If employees have any questions concerning this Notice or
compliance with any of its provisions, they may communicate
directly with the Regional Director of the Federal Labor Relations
Authority, San Francisco Regional Office, 901 Market Street, Suite
220, San Francisco, CA 94103-1791, and whose telephone number is:
(415) 744-4000.
1. It is noted that the official designation of the Respondent is now United States Department of Veterans Affairs Regional Office, FKA, Veterans Administration Regional Office, San Francisco, California.
2. The Complaint was amended at the hearing, deleting an allegation that Respondent did not furnish a copy of a performance appraisal for a bargaining unit employee.

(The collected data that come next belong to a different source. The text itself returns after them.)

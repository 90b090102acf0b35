-- ===== src/Root/Replay.antt =====
-- internal/root/replay.go: the command `replay`, with the executor that it uses.
pub mod Unchanged
use proxclt.Base.{
  ℕ, ◌+◌, Str, Bool, true, false, if◌then◌else◌, Option, none, some, List, [], ◌∷◌, Error, wrapf,
  Result, ok, err,
}
use proxclt.Trace.Schema.{Record, Codec}
use proxclt.Trace.Reader.{load_all}
use proxclt.Trace.Replay.{Mode, strict, observe, dry_run, StepResult, Outcome, Json, replay}

-- The executor of mockReplayExecutor, which returns what was recorded.
abbrev pub mock_executor : Record → Unit {0} → Result Str × Unit {0}
mock_executor rec u = (ok rec.output, u)

pub record Summary : Type 0 where
  pub matched : ℕ
  pub diverged : ℕ
  pub errored : ℕ

count_one : Bool → Option Error → Summary → Summary
count_one differs (some e) s = record s { errored = s.errored + 1 }
count_one true none s = record s { diverged = s.diverged + 1 }
count_one false none s = record s { matched = s.matched + 1 }

unfoldable pub summary : List StepResult → Summary
unfolding count_one
summary [] = record { matched = 0; diverged = 0; errored = 0 }
summary (r ∷ rest) = count_one r.diverged r.exec_err (summary rest)

unfoldable pub mode_of : Bool → Bool → Mode
mode_of observing dry = if dry then dry_run else if observing then observe else strict

module _ (j : Json) (c : Codec) where
  replay_records : Mode → List Record → Option Error × Option Summary
  unfolding summary replay
  replay_records mode [] = (none, none)
  replay_records mode (r ∷ rest) =
      let o = replay j mode mock_executor c (r ∷ rest) tt in (o.failure, some (summary o.results))

  loaded : Mode → List Record × Option Error → Option Error × Option Summary
  unfolding replay_records
  loaded mode (records, some e) = (some (wrapf "replay: load trace: %w" [] e), none)
  loaded mode (records, none) = replay_records mode records

  -- runReplay: its error, and the numbers of the summary where it prints one. `file` is what opening
  -- and reading the trace gives.
  unfoldable pub run_replay : Result Str → Bool → Bool → Option Error × Option Summary
  unfolding load_all loaded mode_of
  run_replay file observing dry = loaded (mode_of observing dry) (load_all c file)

3. The pertinent parts of the Master Agreement reveal the following:
Amended Article 32 (Performance Appraisal System), § 6D., as set forth in Supplement No. 1 to the Master Agreement, effective April 1, 1987, permits a supervisor to "make allowances for job related factors beyond the control of the employee" when completing an evaluation. Amended Article 33 (Within Grade Increases), § 1B.1., as set forth in Supplement No. 1 to the Master Agreement, states that an "employee will be considered to have attained an acceptable level of competence when he/she is currently performing at the fully successful level or better under the performance appraisal system, and such performance is documented by a rating of at least fully successful." Articles 32 and 33 of the Master Agreement described the requirements that had to be met in order for Thayer to receive his within grade increase.
4. The parties orally agreed to freeze the Thayer grievance at the second step of the grievance procedure pending the outcome of this unfair labor practice matter.
5. Pearman testified that Day also served as the authorizer for adjudicator Marge Highshaw. Highshaw's end product per hour averages were as follows: July (1.31), August (1.65), September (2.36) and October 1991 (3.28).